Description of the task:
The data below is to be set down exactly.

(Stored items from a collection)
find_present-hepunion_unlink_example :
    let after = (hepunion_unlink ⦃K = memory⦄ branches (bytes "/") (bytes "/a") world_of_files).1 in
    (union_lookup ⦃K = memory⦄ ⦃V = places⦄ branches after.kernel (bytes "/a") (bytes "/rw/.wh.a") 0
      ≡ none)
    × (is_neg (find_present ⦃K = memory⦄ branches (bytes "/a") [] 0 after).0.0 ≡ true)
unfolding is_flag_set
find_present-hepunion_unlink_example =
    find_present-hepunion_unlink ⦃K = memory⦄ ⦃V = places⦄ ⦃W = writes⦄ branches (bytes "a")
      (bytes "/rw/.wh.a") named apart (omega arith) (λ s. refl) (bytes "/") (bytes "/a")
      world_of_files [] 0 named_a refl unlinked refl refl

-- The file of the RO branch.
find_present-Answers_example :
    Answers ⦃K = memory⦄ ⦃V = places⦄ branches
      (bytes "/a")
      (bytes "/rw/.wh.a")
      0
      named
      (λ s. refl)
      world_of_files
      (some read_only)
      (find_present ⦃K = memory⦄ branches (bytes "/a") [] 0 world_of_files).0.0
    × SameView ⦃K = memory⦄ ⦃V = places⦄ world_of_files
        (find_present ⦃K = memory⦄ branches (bytes "/a") [] 0 world_of_files).1
unfolding is_flag_set
find_present-Answers_example =
    find_present-Answers ⦃K = memory⦄ ⦃V = places⦄ branches (bytes "/a") (bytes "/rw/.wh.a") 0 named
      (λ s. refl) [] world_of_files refl

-- A new file in a directory of the RO branch, where a whiteout hides the name.
abbrev world_of_directory : World ⦃K = memory⦄
world_of_directory = record world {
  kernel =
      record { path = bytes "/ro/"; stat = stat_of 0o40777 0 0 }
      ∷ record { path = bytes "/ro/d"; stat = stat_of 0o40777 0 0 }
      ∷ record { path = bytes "/rw/"; stat = stat_of 0o40777 0 0 }
      ∷ record { path = bytes "/rw/d/.wh.a"; stat = stat_of 0o100400 0 0 }
      ∷ [];
}

named_below : IsNamed branches (bytes "/d/a") (bytes "/rw/d/.wh.a")
unfolding path_to_special strrchr
named_below = record { rw_fits = omega arith; ro_fits = omega arith; marked = refl }

named_d_a :
    (old : List ℕ) (w : World ⦃K = memory⦄)
    → (get_relative_path_for_file ⦃K = memory⦄ branches (bytes "/") (bytes "/d/a") old true w).0
      ≡ (pos 0, bytes "/d/a")
unfolding get_relative_path_for_file get_inode_path get_full_path_i alias_loop get_full_path_d
    path_loop relative c_string with_buffer kmalloc kfree ◌>>=◌ pure ask
named_d_a old w = refl

created :
    (hepunion_create ⦃K = memory⦄ branches (bytes "/") (bytes "/d/a") 0o100644 world_of_directory).0
    ≡ pos 0
unfolding pure ◌>>=◌ call call_ ask current_fsuid current_fsgid push_root pop_root as_root kmalloc
    kfree with_buffer oops inc dec will_use_buffers release_buffers check_exist get_path_dentry
    lstat_retry lstat find_me find_whiteout get_file_attr_worker merge clear_mode_flags match_rights
    check_rights can_access can_remove traverse_loop traverse_from can_traverse find_file_with
    find_lower find_read_only check_visible make_ro_path make_rw_path find_present find_path_worker
    make_tree tree_loop make_directory on_ro_branch dbg_creat dbg_mkdir mkdir mkdir_retry
    get_relative_path_for_file get_inode_path get_full_path_i alias_loop get_full_path_d relative
    path_loop c_string in_buffers validate_both validate_inode validate_dentry hepunion_create
    for_new_name create_file add_inode fill_inode unlink_whiteout unlink remove_by path_to_special
    strrchr strncmp_eq snprintf is_flag_set if_allowed masked
created = refl

find_present-hepunion_create_example :
    let after =
      (hepunion_create ⦃K = memory⦄ branches
        (bytes "/")
        (bytes "/d/a")
        0o100644
        world_of_directory).1 in
    (union_lookup ⦃K = memory⦄ ⦃V = places⦄ branches after.kernel
        (bytes "/d/a")
        (bytes "/rw/d/.wh.a")
        0
      ≡ some read_write)
    × Answers ⦃K = memory⦄ ⦃V = places⦄ branches
        (bytes "/d/a")
        (bytes "/rw/d/.wh.a")
        0
        named_below
        (λ s. refl)
        after
        (some read_write)
        (find_present ⦃K = memory⦄ branches (bytes "/d/a") [] 0 after).0.0
unfolding is_flag_set
find_present-hepunion_create_example =
    find_present-hepunion_create ⦃K = memory⦄ ⦃V = places⦄ ⦃W = writes⦄ branches (bytes "d/a")
      (bytes "/rw/d/.wh.a") named_below (λ h. absurd (ground arith)) (λ s. refl) (bytes "/")
      (bytes "/d/a") 0o100644 world_of_directory [] 0 named_d_a refl created refl refl

-- A file of both branches.
abbrev world_of_both : World ⦃K = memory⦄
world_of_both = record world {
  kernel =
      record { path = bytes "/ro"; stat = stat_of 0o40777 0 0 }
      ∷ record { path = bytes "/rw"; stat = stat_of 0o40777 0 0 }
      ∷ record { path = bytes "/ro/a"; stat = stat_of 0o100644 0 0 }
      ∷ record { path = bytes "/rw/a"; stat = stat_of 0o100644 0 0 }
      ∷ [];
}

unlinked_both :
    (hepunion_unlink ⦃K = memory⦄ branches (bytes "/") (bytes "/a") world_of_both).0 ≡ pos 0
unfolding pure ◌>>=◌ call call_ ask current_fsuid current_fsgid push_root pop_root as_root kmalloc
    kfree with_buffer oops inc dec will_use_buffers release_buffers check_exist get_path_dentry
    lstat_retry lstat find_me find_whiteout get_file_attr_worker merge clear_mode_flags match_rights
    check_rights can_access can_remove traverse_loop traverse_from can_traverse find_file_with
    find_lower find_read_only check_visible make_ro_path make_rw_path find_present find_path_worker
    find_path_null make_tree on_ro_branch dbg_creat create_whiteout_worker create_whiteout
    get_relative_path_for_file get_inode_path get_full_path_i alias_loop get_full_path_d relative
    path_loop c_string in_buffers validate_both validate_inode validate_dentry hepunion_unlink
    unlink_by_branch unlink_rw_file has_ro remove_rw unlink remove_by path_to_special strrchr
    strncmp_eq snprintf is_flag_set
unlinked_both = refl

union_lookup-hepunion_unlink_example :
    let after = (hepunion_unlink ⦃K = memory⦄ branches (bytes "/") (bytes "/a") world_of_both).1 in
    (at_path after.kernel (bytes "/rw/a") ≡ false)
    × (union_lookup ⦃K = memory⦄ ⦃V = places⦄ branches after.kernel
          (bytes "/a")
          (bytes "/rw/.wh.a")
          0
        ≡ ro_lookup ⦃K = memory⦄ ⦃V = places⦄ branches after.kernel
            (bytes "/a")
            (bytes "/rw/.wh.a")
            0)
    × ((find_present ⦃K = memory⦄ branches (bytes "/a") [] 0 after).0.0 ≢ read_write)
unfolding is_flag_set
union_lookup-hepunion_unlink_example =
    union_lookup-hepunion_unlink ⦃K = memory⦄ ⦃V = places⦄ ⦃W = writes⦄ branches (bytes "a")
      (bytes "/rw/.wh.a") named apart (omega arith) (λ s. refl) (bytes "/") (bytes "/a")
      world_of_both [] 0 named_a unlinked_both refl refl refl

-- The same directory with a file of the RO branch, to which a link is made.
abbrev world_of_target : World ⦃K = memory⦄
world_of_target = record world_of_directory {
  kernel =
      record { path = bytes "/ro/d/b"; stat = stat_of 0o100644 0 0 } ∷ world_of_directory.kernel;
}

Result of this exercise:
find_present-hepunion_unlink_example :
    let after = (hepunion_unlink ⦃K = memory⦄ branches (bytes "/") (bytes "/a") world_of_files).1 in
    (union_lookup ⦃K = memory⦄ ⦃V = places⦄ branches after.kernel (bytes "/a") (bytes "/rw/.wh.a") 0
      ≡ none)
    × (is_neg (find_present ⦃K = memory⦄ branches (bytes "/a") [] 0 after).0.0 ≡ true)
unfolding is_flag_set
find_present-hepunion_unlink_example =
    find_present-hepunion_unlink ⦃K = memory⦄ ⦃V = places⦄ ⦃W = writes⦄ branches (bytes "a")
      (bytes "/rw/.wh.a") named apart (omega arith) (λ s. refl) (bytes "/") (bytes "/a")
      world_of_files [] 0 named_a refl unlinked refl refl

-- The file of the RO branch.
find_present-Answers_example :
    Answers ⦃K = memory⦄ ⦃V = places⦄ branches
      (bytes "/a")
      (bytes "/rw/.wh.a")
      0
      named
      (λ s. refl)
      world_of_files
      (some read_only)
      (find_present ⦃K = memory⦄ branches (bytes "/a") [] 0 world_of_files).0.0
    × SameView ⦃K = memory⦄ ⦃V = places⦄ world_of_files
        (find_present ⦃K = memory⦄ branches (bytes "/a") [] 0 world_of_files).1
unfolding is_flag_set
find_present-Answers_example =
    find_present-Answers ⦃K = memory⦄ ⦃V = places⦄ branches (bytes "/a") (bytes "/rw/.wh.a") 0 named
      (λ s. refl) [] world_of_files refl

-- A new file in a directory of the RO branch, where a whiteout hides the name.
abbrev world_of_directory : World ⦃K = memory⦄
world_of_directory = record world {
  kernel =
      record { path = bytes "/ro/"; stat = stat_of 0o40777 0 0 }
      ∷ record { path = bytes "/ro/d"; stat = stat_of 0o40777 0 0 }
      ∷ record { path = bytes "/rw/"; stat = stat_of 0o40777 0 0 }
      ∷ record { path = bytes "/rw/d/.wh.a"; stat = stat_of 0o100400 0 0 }
      ∷ [];
}

named_below : IsNamed branches (bytes "/d/a") (bytes "/rw/d/.wh.a")
unfolding path_to_special strrchr
named_below = record { rw_fits = omega arith; ro_fits = omega arith; marked = refl }

named_d_a :
    (old : List ℕ) (w : World ⦃K = memory⦄)
    → (get_relative_path_for_file ⦃K = memory⦄ branches (bytes "/") (bytes "/d/a") old true w).0
      ≡ (pos 0, bytes "/d/a")
unfolding get_relative_path_for_file get_inode_path get_full_path_i alias_loop get_full_path_d
    path_loop relative c_string with_buffer kmalloc kfree ◌>>=◌ pure ask
named_d_a old w = refl

created :
    (hepunion_create ⦃K = memory⦄ branches (bytes "/") (bytes "/d/a") 0o100644 world_of_directory).0
    ≡ pos 0
unfolding pure ◌>>=◌ call call_ ask current_fsuid current_fsgid push_root pop_root as_root kmalloc
    kfree with_buffer oops inc dec will_use_buffers release_buffers check_exist get_path_dentry
    lstat_retry lstat find_me find_whiteout get_file_attr_worker merge clear_mode_flags match_rights
    check_rights can_access can_remove traverse_loop traverse_from can_traverse find_file_with
    find_lower find_read_only check_visible make_ro_path make_rw_path find_present find_path_worker
    make_tree tree_loop make_directory on_ro_branch dbg_creat dbg_mkdir mkdir mkdir_retry
    get_relative_path_for_file get_inode_path get_full_path_i alias_loop get_full_path_d relative
    path_loop c_string in_buffers validate_both validate_inode validate_dentry hepunion_create
    for_new_name create_file add_inode fill_inode unlink_whiteout unlink remove_by path_to_special
    strrchr strncmp_eq snprintf is_flag_set if_allowed masked
created = refl

find_present-hepunion_create_example :
    let after =
      (hepunion_create ⦃K = memory⦄ branches
        (bytes "/")
        (bytes "/d/a")
        0o100644
        world_of_directory).1 in
    (union_lookup ⦃K = memory⦄ ⦃V = places⦄ branches after.kernel
        (bytes "/d/a")
        (bytes "/rw/d/.wh.a")
        0
      ≡ some read_write)
    × Answers ⦃K = memory⦄ ⦃V = places⦄ branches
        (bytes "/d/a")
        (bytes "/rw/d/.wh.a")
        0
        named_below
        (λ s. refl)
        after
        (some read_write)
        (find_present ⦃K = memory⦄ branches (bytes "/d/a") [] 0 after).0.0
unfolding is_flag_set
find_present-hepunion_create_example =
    find_present-hepunion_create ⦃K = memory⦄ ⦃V = places⦄ ⦃W = writes⦄ branches (bytes "d/a")
      (bytes "/rw/d/.wh.a") named_below (λ h. absurd (ground arith)) (λ s. refl) (bytes "/")
      (bytes "/d/a") 0o100644 world_of_directory [] 0 named_d_a refl created refl refl

-- A file of both branches.
abbrev world_of_both : World ⦃K = memory⦄
world_of_both = record world {
  kernel =
      record { path = bytes "/ro"; stat = stat_of 0o40777 0 0 }
      ∷ record { path = bytes "/rw"; stat = stat_of 0o40777 0 0 }
      ∷ record { path = bytes "/ro/a"; stat = stat_of 0o100644 0 0 }
      ∷ record { path = bytes "/rw/a"; stat = stat_of 0o100644 0 0 }
      ∷ [];
}

unlinked_both :
    (hepunion_unlink ⦃K = memory⦄ branches (bytes "/") (bytes "/a") world_of_both).0 ≡ pos 0
unfolding pure ◌>>=◌ call call_ ask current_fsuid current_fsgid push_root pop_root as_root kmalloc
    kfree with_buffer oops inc dec will_use_buffers release_buffers check_exist get_path_dentry
    lstat_retry lstat find_me find_whiteout get_file_attr_worker merge clear_mode_flags match_rights
    check_rights can_access can_remove traverse_loop traverse_from can_traverse find_file_with
    find_lower find_read_only check_visible make_ro_path make_rw_path find_present find_path_worker
    find_path_null make_tree on_ro_branch dbg_creat create_whiteout_worker create_whiteout
    get_relative_path_for_file get_inode_path get_full_path_i alias_loop get_full_path_d relative
    path_loop c_string in_buffers validate_both validate_inode validate_dentry hepunion_unlink
    unlink_by_branch unlink_rw_file has_ro remove_rw unlink remove_by path_to_special strrchr
    strncmp_eq snprintf is_flag_set
unlinked_both = refl

union_lookup-hepunion_unlink_example :
    let after = (hepunion_unlink ⦃K = memory⦄ branches (bytes "/") (bytes "/a") world_of_both).1 in
    (at_path after.kernel (bytes "/rw/a") ≡ false)
    × (union_lookup ⦃K = memory⦄ ⦃V = places⦄ branches after.kernel
          (bytes "/a")
          (bytes "/rw/.wh.a")
          0
        ≡ ro_lookup ⦃K = memory⦄ ⦃V = places⦄ branches after.kernel
            (bytes "/a")
            (bytes "/rw/.wh.a")
            0)
    × ((find_present ⦃K = memory⦄ branches (bytes "/a") [] 0 after).0.0 ≢ read_write)
unfolding is_flag_set
union_lookup-hepunion_unlink_example =
    union_lookup-hepunion_unlink ⦃K = memory⦄ ⦃V = places⦄ ⦃W = writes⦄ branches (bytes "a")
      (bytes "/rw/.wh.a") named apart (omega arith) (λ s. refl) (bytes "/") (bytes "/a")
      world_of_both [] 0 named_a unlinked_both refl refl refl

-- The same directory with a file of the RO branch, to which a link is made.
abbrev world_of_target : World ⦃K = memory⦄
world_of_target = record world_of_directory {
  kernel =
      record { path = bytes "/ro/d/b"; stat = stat_of 0o100644 0 0 } ∷ world_of_directory.kernel;
}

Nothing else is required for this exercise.